» **RECORDS FOR PROCESSING**:
Segment Open
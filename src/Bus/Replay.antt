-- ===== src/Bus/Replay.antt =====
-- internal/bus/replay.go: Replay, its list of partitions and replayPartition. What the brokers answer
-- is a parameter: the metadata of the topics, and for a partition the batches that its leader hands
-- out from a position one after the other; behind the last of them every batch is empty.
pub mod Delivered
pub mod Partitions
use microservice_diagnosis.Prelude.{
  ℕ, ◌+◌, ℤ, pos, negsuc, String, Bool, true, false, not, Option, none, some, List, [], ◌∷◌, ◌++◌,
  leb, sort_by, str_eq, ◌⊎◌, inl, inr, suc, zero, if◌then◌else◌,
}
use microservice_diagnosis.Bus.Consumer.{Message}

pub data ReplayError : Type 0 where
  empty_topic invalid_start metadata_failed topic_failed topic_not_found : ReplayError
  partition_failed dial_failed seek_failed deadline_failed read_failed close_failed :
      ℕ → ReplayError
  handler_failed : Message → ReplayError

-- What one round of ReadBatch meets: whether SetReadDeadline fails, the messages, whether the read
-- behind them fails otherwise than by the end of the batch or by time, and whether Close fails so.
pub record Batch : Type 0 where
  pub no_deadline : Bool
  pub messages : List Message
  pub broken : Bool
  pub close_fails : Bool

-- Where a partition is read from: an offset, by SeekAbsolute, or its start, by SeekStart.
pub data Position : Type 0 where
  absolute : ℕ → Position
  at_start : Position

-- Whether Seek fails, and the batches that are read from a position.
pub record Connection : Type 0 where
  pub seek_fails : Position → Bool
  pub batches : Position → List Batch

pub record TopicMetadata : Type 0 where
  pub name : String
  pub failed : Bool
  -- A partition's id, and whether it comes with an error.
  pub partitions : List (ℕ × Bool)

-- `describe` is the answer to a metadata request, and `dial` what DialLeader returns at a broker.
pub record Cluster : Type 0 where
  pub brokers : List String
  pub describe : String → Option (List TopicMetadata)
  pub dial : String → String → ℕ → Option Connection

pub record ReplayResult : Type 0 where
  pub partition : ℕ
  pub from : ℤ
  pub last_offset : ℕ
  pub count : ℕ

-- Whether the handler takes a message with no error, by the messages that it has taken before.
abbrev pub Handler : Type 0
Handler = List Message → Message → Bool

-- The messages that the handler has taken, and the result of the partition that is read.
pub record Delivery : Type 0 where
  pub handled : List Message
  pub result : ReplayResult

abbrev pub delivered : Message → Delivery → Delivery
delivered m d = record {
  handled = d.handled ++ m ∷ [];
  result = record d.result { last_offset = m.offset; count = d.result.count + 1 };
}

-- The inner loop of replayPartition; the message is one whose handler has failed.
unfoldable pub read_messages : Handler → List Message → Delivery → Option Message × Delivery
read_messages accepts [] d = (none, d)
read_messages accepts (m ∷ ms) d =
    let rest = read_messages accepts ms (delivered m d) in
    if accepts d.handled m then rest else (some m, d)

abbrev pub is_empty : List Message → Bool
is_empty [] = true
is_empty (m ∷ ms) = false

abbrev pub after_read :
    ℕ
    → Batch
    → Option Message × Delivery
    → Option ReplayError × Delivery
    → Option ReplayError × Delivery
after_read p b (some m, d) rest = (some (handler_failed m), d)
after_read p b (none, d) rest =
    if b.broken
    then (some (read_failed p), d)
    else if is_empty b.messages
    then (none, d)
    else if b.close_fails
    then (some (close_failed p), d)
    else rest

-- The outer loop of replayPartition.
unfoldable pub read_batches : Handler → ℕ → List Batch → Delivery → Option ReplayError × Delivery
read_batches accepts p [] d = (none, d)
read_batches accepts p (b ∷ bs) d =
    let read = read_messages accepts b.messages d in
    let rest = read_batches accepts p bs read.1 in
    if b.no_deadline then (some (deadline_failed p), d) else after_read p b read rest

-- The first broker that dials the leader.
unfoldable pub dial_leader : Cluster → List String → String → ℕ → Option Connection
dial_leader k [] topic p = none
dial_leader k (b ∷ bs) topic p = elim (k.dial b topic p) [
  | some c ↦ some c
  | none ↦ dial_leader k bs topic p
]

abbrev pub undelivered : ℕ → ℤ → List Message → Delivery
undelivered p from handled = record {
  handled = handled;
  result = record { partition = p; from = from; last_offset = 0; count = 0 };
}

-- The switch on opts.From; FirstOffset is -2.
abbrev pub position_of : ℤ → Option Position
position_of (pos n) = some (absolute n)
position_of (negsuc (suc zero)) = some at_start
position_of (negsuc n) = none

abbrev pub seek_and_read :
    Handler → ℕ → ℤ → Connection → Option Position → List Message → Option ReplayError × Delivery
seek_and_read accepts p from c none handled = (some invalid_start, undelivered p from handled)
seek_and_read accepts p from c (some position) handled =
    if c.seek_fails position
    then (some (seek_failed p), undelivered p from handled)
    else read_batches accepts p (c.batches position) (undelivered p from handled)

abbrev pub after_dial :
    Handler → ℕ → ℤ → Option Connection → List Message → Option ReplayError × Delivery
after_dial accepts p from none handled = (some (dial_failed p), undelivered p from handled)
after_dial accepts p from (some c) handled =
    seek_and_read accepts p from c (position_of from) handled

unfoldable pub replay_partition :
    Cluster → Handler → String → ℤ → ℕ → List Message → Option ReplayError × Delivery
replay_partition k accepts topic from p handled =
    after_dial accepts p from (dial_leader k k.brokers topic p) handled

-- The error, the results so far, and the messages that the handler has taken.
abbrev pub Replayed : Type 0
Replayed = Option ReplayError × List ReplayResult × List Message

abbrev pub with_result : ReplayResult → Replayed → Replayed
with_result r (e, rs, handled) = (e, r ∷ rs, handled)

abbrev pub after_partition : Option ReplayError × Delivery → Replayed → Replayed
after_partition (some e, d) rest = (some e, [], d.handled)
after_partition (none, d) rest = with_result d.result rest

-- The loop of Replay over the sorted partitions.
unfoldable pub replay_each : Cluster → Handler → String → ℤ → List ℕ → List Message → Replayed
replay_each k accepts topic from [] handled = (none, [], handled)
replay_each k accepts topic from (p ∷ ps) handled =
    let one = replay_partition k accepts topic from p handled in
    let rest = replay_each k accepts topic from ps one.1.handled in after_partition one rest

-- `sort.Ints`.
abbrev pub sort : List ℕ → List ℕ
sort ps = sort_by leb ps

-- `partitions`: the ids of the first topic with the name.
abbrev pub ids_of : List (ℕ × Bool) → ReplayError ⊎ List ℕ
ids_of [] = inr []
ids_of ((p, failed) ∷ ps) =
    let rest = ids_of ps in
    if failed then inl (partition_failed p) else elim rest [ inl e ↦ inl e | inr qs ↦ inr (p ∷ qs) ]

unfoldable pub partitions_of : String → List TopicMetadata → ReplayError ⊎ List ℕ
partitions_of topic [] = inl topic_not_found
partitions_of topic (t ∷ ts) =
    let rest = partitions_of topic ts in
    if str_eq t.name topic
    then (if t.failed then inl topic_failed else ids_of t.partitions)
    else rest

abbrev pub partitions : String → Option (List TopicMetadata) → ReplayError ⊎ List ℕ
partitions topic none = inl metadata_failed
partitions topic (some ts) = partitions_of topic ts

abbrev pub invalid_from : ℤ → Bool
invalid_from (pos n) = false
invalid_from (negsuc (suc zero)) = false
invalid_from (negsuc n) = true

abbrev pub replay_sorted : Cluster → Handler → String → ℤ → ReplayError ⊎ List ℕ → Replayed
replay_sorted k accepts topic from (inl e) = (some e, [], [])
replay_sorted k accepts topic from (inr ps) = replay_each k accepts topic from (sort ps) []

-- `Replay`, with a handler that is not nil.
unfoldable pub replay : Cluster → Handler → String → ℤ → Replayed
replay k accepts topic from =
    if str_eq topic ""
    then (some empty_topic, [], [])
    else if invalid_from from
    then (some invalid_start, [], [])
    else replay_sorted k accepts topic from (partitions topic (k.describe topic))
Segment Closed
» **WORK TO BE COMPLETED**:
The exact lines of the material above starting at the one that contains "handled = handled;" and ending at the one that contains "abbrev pub after_dial" are what to retype; leave out everything else.

» **RESPONSE BOX**:
  handled = handled;
  result = record { partition = p; from = from; last_offset = 0; count = 0 };
}

-- The switch on opts.From; FirstOffset is -2.
abbrev pub position_of : ℤ → Option Position
position_of (pos n) = some (absolute n)
position_of (negsuc (suc zero)) = some at_start
position_of (negsuc n) = none

abbrev pub seek_and_read :
    Handler → ℕ → ℤ → Connection → Option Position → List Message → Option ReplayError × Delivery
seek_and_read accepts p from c none handled = (some invalid_start, undelivered p from handled)
seek_and_read accepts p from c (some position) handled =
    if c.seek_fails position
    then (some (seek_failed p), undelivered p from handled)
    else read_batches accepts p (c.batches position) (undelivered p from handled)

abbrev pub after_dial :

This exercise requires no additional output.